Ça y est, j'écris de nouveau.
J'attendais cela avec une immense impatience depuis que j'avais fini le premier jet de 8848 mètres, début septembre.
J'attendais cela depuis plus longtemps encore... depuis que j'ai conçu ce roman que je veux écrire maintenant, enfin... ces romans, il y en a trois.
J'avais tout préparé : les livres de 2019 sont quasi-prêts, ceux de 2020 dans les tuyaux aussi et voici enfin que j'ai devant moi des mois et des mois pour écrire cette trilogie.
Mercredi, quand j'ai eu enfin achevé ce que je devais finir pour avoir la tête libre, j'étais fébrile et je ne savais trop où me tourner. Hier, enfin, j'ai pu écrire. Je suis heureuse.

Hannah Arendt
Mais avant de m'absorber entièrement dans cette écriture auréolée de tant d'envie, je voulais encore partager quelques éléments que j'ai trouvés pendant cette période agitée ; pour préparer la trilogie, mais aussi, en fait, pour soigner ce qui m'a bouleversée dernièrement – le projet qui meurt, le livre qui ne se vend pas comme je l'espérais, le sentiment de voir le fascisme s'installer – j'ai lu des textes d'Hannah Arendt et certains succédanés de sa pensée sur internet (je ne pouvais pas tout lire d'un coup. Wikipédia est mon amie).

Voici quelque chose que j'en ai tiré.

Je me suis intéressée à la distinction qu'elle établit entre travail, création et action, les deux premiers relevant de la sphère privée, la seconde, bien sûr, de la sphère publique et du politique, attendu qu'"être libre et agir ne font qu'un". Elle dit aussi, et surtout, que l'action est parole.

Mona Chollet
J'ai lu aussi, dernièrement, un article de Mona Chollet, que Lise Syven m'a gentiment signalé parce qu'elle m'y cite (je suis très flattée) et j'y ai trouvé ceci :
" Je n’arrive pas à comprendre le saut conceptuel qui amène à postuler que quelqu’un qui a écrit un livre sera forcément désireux ou capable de parler devant un public. Il me semble que les deux exercices requièrent des dispositions aux antipodes les unes des autres. Certains ont la chance d’être pourvus des deux sets de qualités : pour eux, l’expression écrite et l’expression orale se complètent."

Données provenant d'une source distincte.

-- ===== src/Tests/Syscalls.antt =====
-- Runs of the system calls and of the program loader at concrete inputs.
use compute_kernel_python.Prelude.{
  ◌≢◌, ℕ, ◌+◌, ◌<◌, ◌++◌, map, All, arith, ◌≤◌, ◌≡◌, ◌⊎◌, refl, true, false, none, some, List, [],
  ◌∷◌, pos, negsuc,
}
use compute_kernel_python.Prelude.Eq.{◌==◌, nat_eq}
use compute_kernel_python.Prelude.Ids.{has}
use compute_kernel_python.Prelude.Dict
use compute_kernel_python.Prelude.Dict.{get, put}
use compute_kernel_python.Process
use compute_kernel_python.Process.{Process, ProcessTable, alloc_pid, add_child}
use compute_kernel_python.Process.Pids.{IsValid}
use compute_kernel_python.Process.Runs
use compute_kernel_python.Process.Runs.{do_spawn, run-IsValid}
use compute_kernel_python.Memory.Pmm
use compute_kernel_python.Memory.Pmm.{free_pages, fresh_pages}
use compute_kernel_python.Memory.Pmm.Frames
use compute_kernel_python.Memory.Vmm
use compute_kernel_python.Memory.Vmm.{Vmm, default_space, pages_needed}
use compute_kernel_python.Memory.Space.{AddressSpace, VirtualMemoryArea}
use compute_kernel_python.Elf.{ElfSegment, FakeElf, make_simple, load}
use compute_kernel_python.Elf.Load.{area_at, load_lem, pages_of, segment_area, stack_area}
use compute_kernel_python.Syscall.{Kernel, set_cwd, spawn_child, is_zombie, sys_fork, sys_wait4}
use compute_kernel_python.Syscall.Tasks.{newborn_of, sys_wait4_lem, sys_fork_lem}

abbrev calls : List Runs.Call
calls = do_spawn "init" 0 0 0 "/sbin/init" ∷ do_spawn "sh" 2 1000 1000 "sh" ∷ []

-- A shell under the first process, and four frames.
abbrev kernel : Kernel
kernel = record {
  processes = Runs.run calls Process.init;
  vmm = Vmm.init (Pmm.init 4);
  breaks = [];
}

kernel-IsValid : IsValid kernel.processes
kernel-IsValid = (run-IsValid calls).0

abbrev first : Process
first = add_child 3 (Process.newborn 2 "init" 0 0 0 "/sbin/init")

first_there : get 2 kernel.processes.table ≡ some first
unfolding Process.spawn alloc_pid get put Dict.adjust
first_there = refl

sys_fork_lem_example :
    ((sys_fork 2 kernel).0 ≡ pos (spawn_child 2 first kernel.processes).0)
    × (get (spawn_child 2 first kernel.processes).0 kernel.processes.table ≡ none)
    × (2 ≤ (spawn_child 2 first kernel.processes).0)
    × (get (spawn_child 2 first kernel.processes).0 (sys_fork 2 kernel).1.processes.table
        ≡ some (set_cwd first.cwd (newborn_of 2 kernel first kernel-IsValid first_there)))
    × (get (spawn_child 2 first kernel.processes).0 (sys_fork 2 kernel).1.vmm.address_spaces
        ≡ some (default_space (spawn_child 2 first kernel.processes).0))
    × (get 2 (sys_fork 2 kernel).1.processes.table
        ≡ some (add_child (spawn_child 2 first kernel.processes).0 first))
    × ((k : ℕ)
        → (k == (spawn_child 2 first kernel.processes).0) ≡ false
        → (k == 2) ≡ false
        → get k (sys_fork 2 kernel).1.processes.table ≡ get k kernel.processes.table)
    × IsValid (sys_fork 2 kernel).1.processes
sys_fork_lem_example = sys_fork_lem 2 kernel first kernel-IsValid first_there

sys_wait4_lem_example :
    ((sys_wait4 2 kernel ≡ (pos 0, kernel))
      × ((c : ℕ) → has c first.children ≡ true → is_zombie (get c kernel.processes.table) ≡ false))
    ⊎ ((c : ℕ) × (has c first.children ≡ true)
        × (is_zombie (get c kernel.processes.table) ≡ true)
        × ((sys_wait4 2 kernel).0 ≡ pos c)
        × (get c (sys_wait4 2 kernel).1.processes.table ≡ none)
        × IsValid (sys_wait4 2 kernel).1.processes)
sys_wait4_lem_example = sys_wait4_lem 2 kernel first kernel-IsValid first_there

abbrev shell : FakeElf
shell = make_simple "sh" 0x400000

-- The process 3 has an address space, and there are 300 frames, of which the program needs 259.
abbrev vmm : Vmm
vmm = Vmm.create_address_space 3 (Vmm.init (Pmm.init 300))

load_lem_example :
    (get 3 vmm.address_spaces ≡ none → load shell 3 vmm ≡ (negsuc 0, vmm))
    × ((space : AddressSpace)
        → get 3 vmm.address_spaces ≡ some space
        → (load shell 3 vmm).0 ≡ pos shell.entry_point)
    × ((space : AddressSpace)
        → get 3 vmm.address_spaces ≡ some space
        → Frames.IsValid vmm.pmm
        → All (λ (seg : ElfSegment). 0 < seg.size) shell.segments
        → pages_of shell.segments + pages_needed 0x100000 ≤ free_pages vmm.pmm
        → (after : AddressSpace) × (get 3 (load shell 3 vmm).1.address_spaces ≡ some after)
          × (after.areas ≡ space.areas ++ map segment_area shell.segments ++ stack_area ∷ []))
    × ((addr : ℕ) (a : VirtualMemoryArea)
        → area_at addr (get 3 vmm.address_spaces) ≡ some a
        → area_at addr (get 3 (load shell 3 vmm).1.address_spaces) ≡ some a)
    × ((other : ℕ)
        → 3 ≢ other
        → get other (load shell 3 vmm).1.address_spaces ≡ get other vmm.address_spaces)
load_lem_example = load_lem shell 3 vmm

vmm-known : get 3 vmm.address_spaces ≡ some (default_space 3)
unfolding Vmm.create_address_space Vmm.init get put
vmm-known = refl

vmm-IsValid : Frames.IsValid vmm.pmm
unfolding Vmm.create_address_space Vmm.init
vmm-IsValid = Frames.init-IsValid 300

vmm-room : pages_of shell.segments + pages_needed 0x100000 ≤ free_pages vmm.pmm
unfolding Vmm.create_address_space Vmm.init pages_needed free_pages Pmm.init fresh_pages
vmm-room = omega arith

loaded_areas :
    (after : AddressSpace) × (get 3 (load shell 3 vmm).1.address_spaces ≡ some after)
    × (after.areas ≡ (default_space 3).areas ++ map segment_area shell.segments ++ stack_area ∷ [])
loaded_areas =
    (load_lem shell 3 vmm).2 (default_space 3) vmm-known vmm-IsValid
      (omega arith, (omega arith, (omega arith, tt))) vmm-room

Ce qui m'intéresse particulièrement, là, c'est la distinction entre les deux process. Si la création de l'oeuvre relève de la sphère privée et la parole agissante relève de la sphère publique, elles peuvent se compléter mais non pas se confondre.

Jusque-là, je faisais les deux en étant mal à l'aise car je ne comprenais pas bien ce qui faisait le pont et j'avais le sentiment qu'on me demandait de rentrer dans ma sphère privée, d'ouvrir la porte sur le bureau de travail pour en dévoiler une image exacte, qui permette de comprendre les livres.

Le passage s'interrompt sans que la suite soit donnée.